On the face of it, Catholic teaching would seem to be as compatible with Charles Darwin’s theories of evolution as classical music devotees would be with the audience at a grunge rock concert, but there has been a rapprochement over the course of the past decade, among the former pair of schools of thought if not the latter sets of music fans.
“New scientific knowledge has led us to the conclusion that the theory of evolution is no longer a mere hypothesis,” Pope John Paul II stated in 1996 in a message to the Pontifical Academy of Sciences. Not too surprisingly, evolution’s adherents within the Church have seized on the late Pontiff’s statement as virtually a Catholic endorsement of evolution. Father George Coyne of the Vatican Observatory calls it “a fundamental Church teaching which significantly advances the evolution debate.”
The late pontiff’s successor, Pope Benedict XVI may not be as amenable to Darwin’s theories. “We are not some casual and meaningless product of evolution,” The Bible Creation Society quotes the current Pope as saying. In a talk here in Washington, D. C., at the American Enterprise Institute (AEI), Father Coyne said, “We humans are nothing more than beams thrust into the expanding universe.”
While still a Prince of The Church, Cardinal Joseph Ratzinger was even more acerbic in his observations of evolution. “The theory of evolution seems to have surpassed the doctrine of creation,” then-Cardinal Ratzinger said at the Sorbonne, “knowledge of the origin of man surpassed the doctrine of original sin.”
Actually, Father Coyne, an accomplished scientist, admits to gaps in scientific knowledge. “Why is the human being at the top of the evolutionary tree?,” Father Coyne asked rhetorically at AEI, “because we don’t know what else to put there.”

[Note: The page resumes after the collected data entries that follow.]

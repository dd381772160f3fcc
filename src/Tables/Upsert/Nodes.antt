-- ===== src/Tables/Upsert/Nodes.antt =====
-- core-side-patch/models.py, `upsert_graph_structure`: what storing one pushed node does.
use p2_ai_knowledge_graph_fo.Base.{
  ℕ, ◌≤◌, ◌<◌, ◌≡◌, refl, sym, ap, ◌⊎◌, inl, inr, true, false, List, [], ◌∷◌, map, some, Text,
  lookup, put, lookup-put, Memᴰ, Distinct, Bool-cases, arith, if◌then◌else◌, ◌==◌, eq_iff, nat_eq,
  list_eq, pair_eq,
}
use p2_ai_knowledge_graph_fo.Tables.{
  Properties, same_properties, GovernanceGraphNode, Session, has_natural_key,
}
use p2_ai_knowledge_graph_fo.Tables.Upsert.{NodeStructureItem, Upserting, update_node}

abbrev pub id_of : GovernanceGraphNode → ℕ
id_of n = n.id

-- What no push changes of a row.
abbrev pub identity : GovernanceGraphNode → ℕ × ℕ × Text × Text
identity n = (n.id, n.org_id, n.node_type, n.node_key)

-- No two rows have one id, or the same organisation, type and key.
pub record NodesUnique (session : Session) : Type 0 where
  pub ids : Distinct (map id_of session.nodes)
  pub bounded : (n : GovernanceGraphNode) → Memᴰ n session.nodes → n.id < session.next_id
  pub keys :
      (n m : GovernanceGraphNode)
      → Memᴰ n session.nodes
      → Memᴰ m session.nodes
      → n.org_id ≡ m.org_id
      → n.node_type ≡ m.node_type
      → n.node_key ≡ m.node_key
      → n.id ≡ m.id

abbrev pub refreshed : ℕ → Properties → GovernanceGraphNode → GovernanceGraphNode
refreshed id properties n =
    if n.id == id
    then record n {
      properties = if same_properties n.properties properties then n.properties else properties;
      archived = false;
    }
    else n

pub update_node-map :
    (id : ℕ) (properties : Properties) (nodes : List GovernanceGraphNode)
    → update_node id properties nodes ≡ map (refreshed id properties) nodes
unfolding update_node
update_node-map id properties [] = refl
update_node-map id properties (n ∷ nodes) =
    ap (λ ns. refreshed id properties n ∷ ns) (update_node-map id properties nodes)

pub refreshed-identity :
    (id : ℕ) (properties : Properties) (n : GovernanceGraphNode)
    → identity (refreshed id properties n) ≡ identity n
refreshed-identity id properties n = ground arith

pub refreshed-archived :
    (id : ℕ) (properties : Properties) (n : GovernanceGraphNode)
    → (n.id ≡ id) ⊎ (n.archived ≡ false)
    → (refreshed id properties n).archived ≡ false
refreshed-archived id properties n h = ground (arith, eq_iff n.id id)

pub ids-update_node :
    (id : ℕ) (properties : Properties) (nodes : List GovernanceGraphNode)
    → map id_of (update_node id properties nodes) ≡ map id_of nodes
unfolding update_node
ids-update_node id properties [] = refl
ids-update_node id properties (n ∷ nodes) =
    let rest = ids-update_node id properties nodes in
    let same = refreshed-identity id properties n in cc (rest, same)

-- A row of the organisation with this id and key that is not archived.
abbrev pub IsStored : ℕ → Session → Text × Text → ℕ → Type 0
IsStored org_id session key i =
    (n : GovernanceGraphNode) × Memᴰ n session.nodes
    × (identity n ≡ (i, org_id, key.0, key.1))
    × (n.archived ≡ false)

-- The ids that are remembered are those of rows.
pub record IsNoted (org_id : ℕ) (u : Upserting) : Type 0 where
  pub unique : NodesUnique u.session
  pub noted :
      (key : Text × Text) (i : ℕ)
      → lookup key u.node_id_by_key ≡ some i
      → IsStored org_id u.session key i

-- From `u` to `u'` the nodes with these keys were stored.
pub record Advance (org_id : ℕ) (u u' : Upserting) (keys : List (Text × Text)) : Type 0 where
  pub same_edges : u'.session.edges ≡ u.session.edges
  pub later : u.session.next_id ≤ u'.session.next_id
  pub kept :
      (n : GovernanceGraphNode)
      → Memᴰ n u.session.nodes
      → (n' : GovernanceGraphNode) × Memᴰ n' u'.session.nodes × (identity n' ≡ identity n)
  pub grown :
      (n' : GovernanceGraphNode)
      → Memᴰ n' u'.session.nodes
      → ((n : GovernanceGraphNode) × Memᴰ n u.session.nodes × (identity n' ≡ identity n))
        ⊎ ((n'.org_id ≡ org_id)
            × Memᴰ (n'.node_type, n'.node_key) keys
            × (u.session.next_id ≤ n'.id))
  pub found :
      (key : Text × Text)
      → Memᴰ key keys ⊎ ((i : ℕ) × (lookup key u.node_id_by_key ≡ some i))
      → (j : ℕ) × (lookup key u'.node_id_by_key ≡ some j)

abbrev pub key_of : NodeStructureItem → Text × Text
key_of node = (node.node_type, node.node_key)

pub natural_key_parts :
    (org_id : ℕ) (t k : Text) (n : GovernanceGraphNode)
    → has_natural_key org_id t k n ≡ true
    → (n.org_id ≡ org_id) × (n.node_type ≡ t) × (n.node_key ≡ k)
unfolding has_natural_key
natural_key_parts org_id t k n h =
    ground (arith, h, eq_iff n.org_id org_id, eq_iff n.node_type t, eq_iff n.node_key k)

pub natural_key_of :
    (org_id : ℕ) (t k : Text) (n : GovernanceGraphNode)
    → n.org_id ≡ org_id
    → n.node_type ≡ t
    → n.node_key ≡ k
    → has_natural_key org_id t k n ≡ true
unfolding has_natural_key
natural_key_of org_id t k n o t' k' =
    ground (arith, eq_iff n.org_id org_id, eq_iff n.node_type t, eq_iff n.node_key k)

-- What is found under a key once another, or the same, is remembered.
pub found_put :
    (key key' : Text × Text) (i : ℕ) (ids : List ((Text × Text) × ℕ))
    → (key ≡ key') ⊎ ((j : ℕ) × (lookup key ids ≡ some j))
    → (j : ℕ) × (lookup key (put key' i ids) ≡ some j)
found_put key key' i ids h = elim (Bool-cases (key' == key)) [
  | inl same ↦ (i, rw (lookup-put key' key i ids, same) refl)
  | inr other ↦ elim h [
    | inl e ↦ absurd (cc (other, (eq_iff key' key).1 (sym e)))
    | inr (j, there) ↦ (j, rw (lookup-put key' key i ids, other) there)
  ]
]

pub lookup-put_cases :
    (key key' : Text × Text) (i j : ℕ) (ids : List ((Text × Text) × ℕ))
    → lookup key (put key' i ids) ≡ some j
    → ((key ≡ key') × (j ≡ i)) ⊎ (lookup key ids ≡ some j)
lookup-put_cases key key' i j ids h = elim (Bool-cases (key' == key)) [
  | inl same ↦
      let e = (eq_iff key' key).0 same in
      let g = rw (lookup-put key' key i ids, same) at h in inl (sym e, cc g)
  | inr other ↦ inr (rw (lookup-put key' key i ids, other) at h)
]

The kindly Jesuit divides his time between the Vatican and the University of Arizona in Tucson, where the Church maintains observational labs. Ironically, the Baltimore native came across as more orthodox in an interview on the PBS TV network than he did in his recent appearance at the conservative-to-moderate AEI.
In the PBS interview, for example, he always referred to God using the masculine pronoun in upper case. He was more gender-neutral at AEI. Father Coyne wrote in his prepared remarks (with the gender pronouns in lower case), “…the Intelligent Design (ID) movement, while invoking a God of power and might, a designer God, actually belittles God, makes him/her too small and paltry.”
Intelligent Design is a school of thought among scientists and philosophers that questions the basic premises of evolution. In his extemporaneous comments at AEI, Father Coyne made at least two other multiple-choice references to the deity:
— “The Intelligent Design movement actually belittles God and makes him or her an object of ridicule”
–“It does not make God the great God that he or she is.”
Such an approach to the Higher Power makes the teaching of the sign of the cross to children difficult. As of this writing, it is still, “In the name of the Father, and of the Son and of the Holy Spirit.”
Malcolm A. Kline is the executive director of Accuracy in Academia.